# [Information supplied]
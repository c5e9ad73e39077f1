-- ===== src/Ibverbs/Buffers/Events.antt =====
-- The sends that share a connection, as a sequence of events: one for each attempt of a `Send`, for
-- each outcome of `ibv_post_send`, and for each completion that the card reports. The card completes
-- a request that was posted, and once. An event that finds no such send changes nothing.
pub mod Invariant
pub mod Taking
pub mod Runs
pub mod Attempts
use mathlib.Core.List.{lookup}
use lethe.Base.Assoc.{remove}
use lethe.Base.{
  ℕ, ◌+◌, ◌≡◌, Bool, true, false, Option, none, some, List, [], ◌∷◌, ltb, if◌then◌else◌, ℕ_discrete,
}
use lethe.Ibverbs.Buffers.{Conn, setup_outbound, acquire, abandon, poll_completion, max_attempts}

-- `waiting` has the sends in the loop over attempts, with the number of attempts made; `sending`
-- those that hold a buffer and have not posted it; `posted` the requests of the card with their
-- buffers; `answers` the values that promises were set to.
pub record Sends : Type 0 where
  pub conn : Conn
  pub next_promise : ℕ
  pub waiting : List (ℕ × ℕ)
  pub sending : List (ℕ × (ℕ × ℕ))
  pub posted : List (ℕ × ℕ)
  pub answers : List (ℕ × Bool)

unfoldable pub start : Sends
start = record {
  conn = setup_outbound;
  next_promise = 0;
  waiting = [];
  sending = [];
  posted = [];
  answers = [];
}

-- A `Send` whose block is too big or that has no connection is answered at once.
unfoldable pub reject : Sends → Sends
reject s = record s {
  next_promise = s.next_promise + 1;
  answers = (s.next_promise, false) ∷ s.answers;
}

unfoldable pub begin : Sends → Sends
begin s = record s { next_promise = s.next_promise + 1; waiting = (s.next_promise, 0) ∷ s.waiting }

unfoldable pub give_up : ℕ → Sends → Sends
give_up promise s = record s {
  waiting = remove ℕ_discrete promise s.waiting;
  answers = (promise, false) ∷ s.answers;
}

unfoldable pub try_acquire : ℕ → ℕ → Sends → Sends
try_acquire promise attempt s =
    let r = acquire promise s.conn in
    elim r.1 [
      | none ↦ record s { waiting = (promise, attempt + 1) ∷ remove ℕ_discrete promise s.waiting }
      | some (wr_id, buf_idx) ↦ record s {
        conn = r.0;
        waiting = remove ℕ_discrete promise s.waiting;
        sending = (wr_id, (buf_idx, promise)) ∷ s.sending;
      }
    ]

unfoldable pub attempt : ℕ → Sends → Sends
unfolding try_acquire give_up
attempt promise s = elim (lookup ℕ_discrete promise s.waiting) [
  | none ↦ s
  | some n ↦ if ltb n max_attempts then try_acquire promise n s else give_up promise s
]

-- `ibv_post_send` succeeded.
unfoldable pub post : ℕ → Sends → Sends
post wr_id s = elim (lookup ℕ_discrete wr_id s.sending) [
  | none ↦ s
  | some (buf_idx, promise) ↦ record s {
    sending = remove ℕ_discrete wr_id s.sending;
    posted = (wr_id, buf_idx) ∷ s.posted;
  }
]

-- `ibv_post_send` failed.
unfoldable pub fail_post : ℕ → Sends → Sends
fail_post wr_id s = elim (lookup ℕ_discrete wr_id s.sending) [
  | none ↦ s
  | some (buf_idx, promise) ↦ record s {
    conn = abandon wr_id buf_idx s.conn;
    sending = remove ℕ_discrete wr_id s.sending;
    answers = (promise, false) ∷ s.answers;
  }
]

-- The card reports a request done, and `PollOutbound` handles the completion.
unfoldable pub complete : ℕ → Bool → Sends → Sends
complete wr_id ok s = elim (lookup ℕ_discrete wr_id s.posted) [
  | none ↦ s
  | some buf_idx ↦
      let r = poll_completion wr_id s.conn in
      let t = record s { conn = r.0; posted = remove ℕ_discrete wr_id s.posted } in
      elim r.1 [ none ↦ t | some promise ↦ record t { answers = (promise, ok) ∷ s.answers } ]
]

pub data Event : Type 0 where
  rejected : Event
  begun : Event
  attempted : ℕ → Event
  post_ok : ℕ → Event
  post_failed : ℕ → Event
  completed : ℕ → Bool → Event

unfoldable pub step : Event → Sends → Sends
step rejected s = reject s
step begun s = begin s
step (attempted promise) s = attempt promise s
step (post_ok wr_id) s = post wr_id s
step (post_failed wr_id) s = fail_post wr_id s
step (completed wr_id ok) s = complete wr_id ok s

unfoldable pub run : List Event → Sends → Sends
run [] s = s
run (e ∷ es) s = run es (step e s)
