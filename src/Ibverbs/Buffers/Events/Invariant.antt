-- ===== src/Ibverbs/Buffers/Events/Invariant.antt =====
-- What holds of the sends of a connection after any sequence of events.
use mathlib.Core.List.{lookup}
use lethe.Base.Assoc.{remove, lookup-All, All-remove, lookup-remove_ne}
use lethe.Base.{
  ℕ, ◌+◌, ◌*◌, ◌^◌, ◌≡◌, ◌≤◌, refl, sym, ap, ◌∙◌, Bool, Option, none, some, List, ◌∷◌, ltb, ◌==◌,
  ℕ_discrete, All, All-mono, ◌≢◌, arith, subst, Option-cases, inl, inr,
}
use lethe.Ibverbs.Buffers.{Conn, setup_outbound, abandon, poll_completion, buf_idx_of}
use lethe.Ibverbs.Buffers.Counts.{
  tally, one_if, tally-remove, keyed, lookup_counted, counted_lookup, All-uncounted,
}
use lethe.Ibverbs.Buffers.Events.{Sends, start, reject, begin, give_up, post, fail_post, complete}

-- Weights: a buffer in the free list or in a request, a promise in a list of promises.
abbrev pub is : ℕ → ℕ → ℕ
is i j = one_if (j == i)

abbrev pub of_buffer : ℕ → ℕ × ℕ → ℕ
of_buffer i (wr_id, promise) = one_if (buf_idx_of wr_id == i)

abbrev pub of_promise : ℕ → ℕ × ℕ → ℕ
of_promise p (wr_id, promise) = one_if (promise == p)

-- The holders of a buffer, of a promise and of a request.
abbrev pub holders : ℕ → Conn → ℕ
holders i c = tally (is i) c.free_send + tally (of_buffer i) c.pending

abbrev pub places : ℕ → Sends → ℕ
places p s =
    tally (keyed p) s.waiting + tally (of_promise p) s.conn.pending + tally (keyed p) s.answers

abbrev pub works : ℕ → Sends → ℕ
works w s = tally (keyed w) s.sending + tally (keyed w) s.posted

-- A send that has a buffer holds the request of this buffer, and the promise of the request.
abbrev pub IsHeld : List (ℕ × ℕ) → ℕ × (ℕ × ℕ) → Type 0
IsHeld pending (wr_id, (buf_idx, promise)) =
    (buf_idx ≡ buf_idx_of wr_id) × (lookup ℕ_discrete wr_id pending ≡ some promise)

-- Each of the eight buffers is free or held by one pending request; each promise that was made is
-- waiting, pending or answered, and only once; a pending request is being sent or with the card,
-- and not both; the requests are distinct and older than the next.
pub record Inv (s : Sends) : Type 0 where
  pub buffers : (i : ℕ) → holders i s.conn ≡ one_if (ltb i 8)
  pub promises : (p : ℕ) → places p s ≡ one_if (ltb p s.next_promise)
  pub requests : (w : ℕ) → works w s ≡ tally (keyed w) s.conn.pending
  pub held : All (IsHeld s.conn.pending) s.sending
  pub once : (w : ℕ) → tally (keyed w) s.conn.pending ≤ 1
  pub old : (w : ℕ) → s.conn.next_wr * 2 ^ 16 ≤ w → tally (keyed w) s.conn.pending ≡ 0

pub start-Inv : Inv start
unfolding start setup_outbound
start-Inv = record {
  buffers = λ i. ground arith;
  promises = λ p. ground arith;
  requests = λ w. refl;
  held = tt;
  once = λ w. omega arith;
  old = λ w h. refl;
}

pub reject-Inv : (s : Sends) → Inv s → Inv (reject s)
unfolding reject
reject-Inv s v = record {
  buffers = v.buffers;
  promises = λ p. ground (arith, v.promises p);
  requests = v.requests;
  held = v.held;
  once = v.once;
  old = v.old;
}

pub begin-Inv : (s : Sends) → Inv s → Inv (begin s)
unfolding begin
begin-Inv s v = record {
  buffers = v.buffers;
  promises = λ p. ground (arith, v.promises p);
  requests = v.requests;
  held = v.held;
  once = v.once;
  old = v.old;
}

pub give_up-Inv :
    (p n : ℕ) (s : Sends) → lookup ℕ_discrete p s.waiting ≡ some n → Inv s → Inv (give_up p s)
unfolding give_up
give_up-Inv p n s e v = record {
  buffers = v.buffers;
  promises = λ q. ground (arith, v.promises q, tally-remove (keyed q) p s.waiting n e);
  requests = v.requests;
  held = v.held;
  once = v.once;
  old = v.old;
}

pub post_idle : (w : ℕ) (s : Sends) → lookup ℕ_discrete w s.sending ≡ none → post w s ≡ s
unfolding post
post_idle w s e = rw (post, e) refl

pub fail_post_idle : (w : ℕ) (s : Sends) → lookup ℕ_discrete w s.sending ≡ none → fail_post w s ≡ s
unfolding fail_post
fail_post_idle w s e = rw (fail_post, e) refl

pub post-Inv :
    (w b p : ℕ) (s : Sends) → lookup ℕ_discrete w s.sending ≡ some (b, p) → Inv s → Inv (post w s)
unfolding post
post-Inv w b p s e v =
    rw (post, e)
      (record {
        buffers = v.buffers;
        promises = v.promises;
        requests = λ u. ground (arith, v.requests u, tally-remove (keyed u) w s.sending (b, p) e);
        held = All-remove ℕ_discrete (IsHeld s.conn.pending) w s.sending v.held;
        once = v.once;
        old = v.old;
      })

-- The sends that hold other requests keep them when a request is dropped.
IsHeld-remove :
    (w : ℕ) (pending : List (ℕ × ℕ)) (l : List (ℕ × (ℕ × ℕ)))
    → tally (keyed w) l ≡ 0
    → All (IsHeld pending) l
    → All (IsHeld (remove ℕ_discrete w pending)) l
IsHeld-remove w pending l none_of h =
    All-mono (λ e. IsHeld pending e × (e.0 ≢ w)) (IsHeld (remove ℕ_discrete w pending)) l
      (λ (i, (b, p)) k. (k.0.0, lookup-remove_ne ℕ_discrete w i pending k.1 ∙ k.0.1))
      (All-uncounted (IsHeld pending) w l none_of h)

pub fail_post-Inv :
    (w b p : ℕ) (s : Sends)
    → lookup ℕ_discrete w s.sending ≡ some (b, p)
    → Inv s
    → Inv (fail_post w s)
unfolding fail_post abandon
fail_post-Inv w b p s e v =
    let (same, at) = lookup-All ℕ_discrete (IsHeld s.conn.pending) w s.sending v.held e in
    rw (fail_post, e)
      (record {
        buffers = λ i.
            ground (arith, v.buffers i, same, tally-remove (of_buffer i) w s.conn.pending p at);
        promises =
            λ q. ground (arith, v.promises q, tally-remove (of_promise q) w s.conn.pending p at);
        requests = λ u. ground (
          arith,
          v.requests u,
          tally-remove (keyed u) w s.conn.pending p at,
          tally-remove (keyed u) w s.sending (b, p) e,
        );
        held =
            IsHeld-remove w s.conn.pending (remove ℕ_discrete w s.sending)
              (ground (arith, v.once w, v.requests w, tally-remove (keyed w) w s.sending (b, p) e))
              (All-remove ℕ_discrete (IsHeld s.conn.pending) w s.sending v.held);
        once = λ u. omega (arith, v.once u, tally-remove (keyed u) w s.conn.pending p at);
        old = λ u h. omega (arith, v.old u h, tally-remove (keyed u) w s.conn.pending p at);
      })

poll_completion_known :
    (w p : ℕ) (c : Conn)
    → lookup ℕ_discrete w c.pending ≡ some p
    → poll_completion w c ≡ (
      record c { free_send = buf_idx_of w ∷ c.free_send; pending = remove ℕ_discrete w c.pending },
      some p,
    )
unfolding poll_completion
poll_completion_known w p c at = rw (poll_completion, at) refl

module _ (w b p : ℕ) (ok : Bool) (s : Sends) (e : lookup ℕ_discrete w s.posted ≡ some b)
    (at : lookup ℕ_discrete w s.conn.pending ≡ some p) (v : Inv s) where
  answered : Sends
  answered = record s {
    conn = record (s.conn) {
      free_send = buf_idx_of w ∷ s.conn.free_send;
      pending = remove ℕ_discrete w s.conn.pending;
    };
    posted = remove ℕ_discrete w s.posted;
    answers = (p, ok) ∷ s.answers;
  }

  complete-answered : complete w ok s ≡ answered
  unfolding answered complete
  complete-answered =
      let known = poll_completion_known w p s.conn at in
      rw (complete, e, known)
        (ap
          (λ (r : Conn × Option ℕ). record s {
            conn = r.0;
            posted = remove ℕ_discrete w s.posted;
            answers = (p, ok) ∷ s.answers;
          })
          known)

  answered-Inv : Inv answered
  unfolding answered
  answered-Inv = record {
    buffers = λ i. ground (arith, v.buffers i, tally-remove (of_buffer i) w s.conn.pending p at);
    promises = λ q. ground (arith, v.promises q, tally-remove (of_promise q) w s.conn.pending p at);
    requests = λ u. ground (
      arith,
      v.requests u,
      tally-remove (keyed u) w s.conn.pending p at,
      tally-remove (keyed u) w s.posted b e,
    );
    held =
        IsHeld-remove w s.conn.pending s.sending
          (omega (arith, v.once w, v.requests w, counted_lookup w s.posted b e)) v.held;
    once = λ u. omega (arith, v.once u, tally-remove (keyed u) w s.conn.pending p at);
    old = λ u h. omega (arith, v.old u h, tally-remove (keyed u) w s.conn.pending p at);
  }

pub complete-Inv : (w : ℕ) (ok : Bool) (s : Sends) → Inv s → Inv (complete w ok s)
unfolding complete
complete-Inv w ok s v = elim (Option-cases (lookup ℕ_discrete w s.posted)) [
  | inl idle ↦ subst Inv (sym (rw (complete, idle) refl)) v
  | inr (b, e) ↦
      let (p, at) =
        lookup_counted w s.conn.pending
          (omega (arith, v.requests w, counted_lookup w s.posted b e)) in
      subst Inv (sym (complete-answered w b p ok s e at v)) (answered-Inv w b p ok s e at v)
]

# [What is expected]
Show every line in the entries above that contains the string "step".

# [Result for this task]
unfoldable pub step : Event → Sends → Sends
step rejected s = reject s
step begun s = begin s
step (attempted promise) s = attempt promise s
step (post_ok wr_id) s = post wr_id s
step (post_failed wr_id) s = fail_post wr_id s
step (completed wr_id ok) s = complete wr_id ok s
run (e ∷ es) s = run es (step e s)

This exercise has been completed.